De acordo com o que estabeleceu o legislador no art. 62 da Lei nº 9.099/95, o processo perante os Juizados Especiais Criminais deve ser orientado pelos critérios da oralidade, informalidade, economia processual e celeridade, objetivando, sempre que possível, a reparação dos danos sofridos pela vítima e a aplicação de pena não privativa de liberdade. Dispensando a realização do inquérito policial, a Lei nº 9.099/95 determina que a autoridade policial, ao tomar conhecimento do fato delituoso, deve imediatamente lavrar um termo circunstanciado do ocorrido e encaminhá-lo ao Juizado, se possível com o autor do fato e a vítima, providenciando a requisição dos exames periciais necessários para a comprovação da materialidade do fato (art. 69). Não sendo possível o comparecimento imediato de qualquer dos envolvidos ao Juizado, a Secretaria do Juizado deverá providenciar a intimação da vítima e do autor do fato, por correspondência com aviso de recebimento, para que compareçam à audiência preliminar (art. 71).
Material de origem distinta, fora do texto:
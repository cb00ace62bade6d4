-- ===== src/Telemetry/Exports.antt =====
-- What the exporters are called with: packages/telemetry/src/index.ts, `dispatch`.
use tracegarden.Prelude.{
  ℕ, ◌≡◌, refl, ◌∙◌, inl, inr, Bool, true, false, ◌&&◌, Option, none, some, List, [], ◌∷◌, ◌++◌,
  arith, ◌==◌, if◌then◌else◌, Bool-cases, is_some, filter, append-nil,
}
use tracegarden.Telemetry.Signals.{Host, TelemetrySignal, log, trace, metric}
use tracegarden.Telemetry.Runtime.{
  Runtime, Outcome, returned, rejected, threw, TelemetryOptions, Sink, log_exporter, structured_log,
  trace_exporter, trace_sink, metric_exporter, metric_sink, sinks_of, dispatch, call_exporter,
  call_exporters,
}
use tracegarden.Telemetry.Steps.{Call, World, run}
use tracegarden.Telemetry.Kept.{kept_run}
use tracegarden.Telemetry.Recent.{update_metric-quiet}

abbrev sink_index : Sink → ℕ
sink_index log_exporter = 0
sink_index structured_log = 1
sink_index trace_exporter = 2
sink_index trace_sink = 3
sink_index metric_exporter = 4
sink_index metric_sink = 5

module _ {Num : Type 0} where
  -- The signals that a sink's exporter was called with.
  abbrev pub calls_of : Sink → List (Sink × TelemetrySignal Num) → List (TelemetrySignal Num)
  calls_of sink [] = []
  calls_of sink ((s, signal) ∷ calls) =
      let rest = calls_of sink calls in
      if sink_index s == sink_index sink then signal ∷ rest else rest

  -- The kind of signal that an exporter takes.
  abbrev pub is_for : Sink → TelemetrySignal Num → Bool
  is_for log_exporter (log s) = true
  is_for structured_log (log s) = true
  is_for trace_exporter (trace s) = true
  is_for trace_sink (trace s) = true
  is_for metric_exporter (metric s) = true
  is_for metric_sink (metric s) = true
  is_for _ _ = false

  -- The signals for a sink.
  abbrev pub signals_for : Sink → List (TelemetrySignal Num) → List (TelemetrySignal Num)
  signals_for sink signals = filter (is_for sink) signals

  -- Each exporter that is configured was called with the signals of its kind.
  abbrev pub ExportsAll : Sink → Runtime Num → Type 0
  ExportsAll sink r =
      calls_of sink r.exported
      ≡ (if is_some (r.options.exporter sink) then signals_for sink r.emitted else [])

  calls_of-append :
      (sink : Sink) (xs ys : List (Sink × TelemetrySignal Num))
      → calls_of sink (xs ++ ys) ≡ calls_of sink xs ++ calls_of sink ys
  calls_of-append sink [] ys = refl
  calls_of-append sink ((s, signal) ∷ xs) ys = ground (arith, calls_of-append sink xs ys)

  filter-append_one :
      (p : TelemetrySignal Num → Bool) (xs : List (TelemetrySignal Num)) (x : TelemetrySignal Num)
      → filter p (xs ++ x ∷ []) ≡ (if p x then filter p xs ++ x ∷ [] else filter p xs)
  filter-append_one p [] x = ground arith
  filter-append_one p (y ∷ xs) x = ground (arith, filter-append_one p xs x)

  calls_of-call_exporter :
      (sink s : Sink) (e : Option (TelemetrySignal Num → Outcome)) (signal : TelemetrySignal Num)
      (calls : List (Sink × TelemetrySignal Num))
      → calls_of sink (call_exporter e s signal calls) ≡ (
          if sink_index s == sink_index sink && is_some e
          then calls_of sink calls ++ signal ∷ []
          else calls_of sink calls)
  unfolding call_exporter
  calls_of-call_exporter sink s none signal calls = ground arith
  calls_of-call_exporter sink s (some e) signal calls =
      called (e signal)
      ∙ calls_of-append sink calls ((s, signal) ∷ [])
      ∙ elim (Bool-cases (sink_index s == sink_index sink)) [
        | inl t ↦ rw t refl
        | inr t ↦ rw t (append-nil (calls_of sink calls))
      ]
    where
      called :
          (outcome : Outcome)
          → calls_of sink (elim outcome [
            | returned ↦ calls ++ (s, signal) ∷ []
            | rejected ↦ calls ++ (s, signal) ∷ []
            | threw ↦ calls ++ (s, signal) ∷ []
          ])
            ≡ calls_of sink (calls ++ (s, signal) ∷ [])
      called returned = refl
      called rejected = refl
      called threw = refl

  calls_of-call_exporters :
      (sink : Sink) (signal : TelemetrySignal Num) (options : TelemetryOptions Num)
      (calls : List (Sink × TelemetrySignal Num))
      → calls_of sink (call_exporters options (sinks_of signal) signal calls) ≡ (
          if is_for sink signal && is_some (options.exporter sink)
          then calls_of sink calls ++ signal ∷ []
          else calls_of sink calls)
  unfolding call_exporters
  calls_of-call_exporters log_exporter (log s) o c =
      rw (calls_of-call_exporter, calls_of-call_exporter) refl
  calls_of-call_exporters log_exporter (trace s) o c =
      rw (calls_of-call_exporter, calls_of-call_exporter) refl
  calls_of-call_exporters log_exporter (metric s) o c =
      rw (calls_of-call_exporter, calls_of-call_exporter) refl
  calls_of-call_exporters structured_log (log s) o c =
      rw (calls_of-call_exporter, calls_of-call_exporter) refl
  calls_of-call_exporters structured_log (trace s) o c =
      rw (calls_of-call_exporter, calls_of-call_exporter) refl
  calls_of-call_exporters structured_log (metric s) o c =
      rw (calls_of-call_exporter, calls_of-call_exporter) refl
  calls_of-call_exporters trace_exporter (log s) o c =
      rw (calls_of-call_exporter, calls_of-call_exporter) refl
  calls_of-call_exporters trace_exporter (trace s) o c =
      rw (calls_of-call_exporter, calls_of-call_exporter) refl
  calls_of-call_exporters trace_exporter (metric s) o c =
      rw (calls_of-call_exporter, calls_of-call_exporter) refl
  calls_of-call_exporters trace_sink (log s) o c =
      rw (calls_of-call_exporter, calls_of-call_exporter) refl
  calls_of-call_exporters trace_sink (trace s) o c =
      rw (calls_of-call_exporter, calls_of-call_exporter) refl
  calls_of-call_exporters trace_sink (metric s) o c =
      rw (calls_of-call_exporter, calls_of-call_exporter) refl
  calls_of-call_exporters metric_exporter (log s) o c =
      rw (calls_of-call_exporter, calls_of-call_exporter) refl
  calls_of-call_exporters metric_exporter (trace s) o c =
      rw (calls_of-call_exporter, calls_of-call_exporter) refl
  calls_of-call_exporters metric_exporter (metric s) o c =
      rw (calls_of-call_exporter, calls_of-call_exporter) refl
  calls_of-call_exporters metric_sink (log s) o c =
      rw (calls_of-call_exporter, calls_of-call_exporter) refl
  calls_of-call_exporters metric_sink (trace s) o c =
      rw (calls_of-call_exporter, calls_of-call_exporter) refl
  calls_of-call_exporters metric_sink (metric s) o c =
      rw (calls_of-call_exporter, calls_of-call_exporter) refl

  dispatch-ExportsAll :
      (sink : Sink) (signal : TelemetrySignal Num) (r : Runtime Num)
      → ExportsAll sink r
      → ExportsAll sink (dispatch signal r)
  unfolding dispatch
  dispatch-ExportsAll sink signal r h =
      rw (calls_of-call_exporters, filter-append_one) (ground (arith, h))

module _ {Num : Type 0} (host : Host Num) where
  -- Whatever calls are made, an exporter that is configured is called once with each signal of its
  -- kind that was dispatched, in their order, whether it returns, throws or its promise is rejected:
  -- those of logs with logs, those of traces with traces and those of metrics with metrics; and what
  -- is not configured is not called.
  pub run-ExportsAll :
      (sink : Sink) (calls : List (Call Num)) (w : World Num)
      → ExportsAll sink w.runtime
      → ExportsAll sink (run host calls w).runtime
  run-ExportsAll sink =
      kept_run host (ExportsAll sink) (dispatch-ExportsAll sink) (λ kind name value labels add r h.
        let q = update_metric-quiet host kind name value labels add r in rw (q.0, q.2, q.3) h)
Na audiência preliminar, presentes o representante do Ministério Público, o autor do fato e a vítima, acompanhados de advogado, o juiz esclarecerá sobre a possibilidade de composição dos danos, assim como sobre as conseqüências da aceitação da proposta de aplicação imediata de pena não privativa de liberdade ao autor do fato (art. 72). Nos crimes de ação penal privada e de ação penal pública condicionada à representação, o acordo para composição dos danos extingue a punibilidade. Não obtido o acordo, o juiz dá imediatamente à vítima a oportunidade de exercer o direito de oferecer queixa-crime ou representação verbal (art. 75).

Havendo queixa-crime ou representação ou sendo o crime de ação penal pública incondicionada, o Ministério Público poderá propor ao autor do fato a transação penal, com a aplicação imediata de pena restritiva de direitos ou multa, a não ser no caso do acusado ser reincidente, ou no caso de "não indicarem os antecedentes, a conduta social e a personalidade do agente, bem como os motivos e as circunstâncias, ser necessária e suficiente a adoção da medida" (art. 76). Não aceita a proposta, o representante do Ministério Público oferecerá ao juiz, de imediato, denúncia oral, e o processo seguirá o rito sumaríssimo, previsto na Lei nº 9.099/95.

Oferecida a denúncia, poderá ainda o representante do Ministério Público propor a suspensão do processo por dois a quatro anos, desde que o agora denunciado não esteja sendo processado ou não tenha sido condenado por outro crime. A suspensão será revogada se, no curso do prazo, o denunciado for processado por outro crime ou descumprir qualquer outra condição imposta. Expirado o prazo sem revogação, o juiz declarará extinta a punibilidade. Caso não seja possível a suspensão do processo, o juiz deverá intimar as partes para a audiência de instrução e julgamento, que se inicia com a resposta oral da defesa à acusação formulada na denúncia ou queixa-crime. Aceita a argumentação da defesa, o juiz não recebe a denúncia ou queixa e encerra o processo. Recebida a denúncia ou queixa, são ouvidas a vítima e as testemunhas de acusação e de defesa, o acusado é interrogado e realizam-se os debates orais entre defesa e acusação. Em seguida, o juiz profere a sentença final condenatória ou absolutória.

Os recursos previstos pela Lei nº 9.099/95 são a apelação (em caso de sentença condenatória ou absolutória ou da decisão de rejeição da denúncia ou queixa) e os embargos de declaração (em caso de obscuridade, contradição, omissão ou dúvida na sentença), a serem encaminhados a uma Turma Recursal composta de três juízes em exercício no primeiro grau de jurisdição.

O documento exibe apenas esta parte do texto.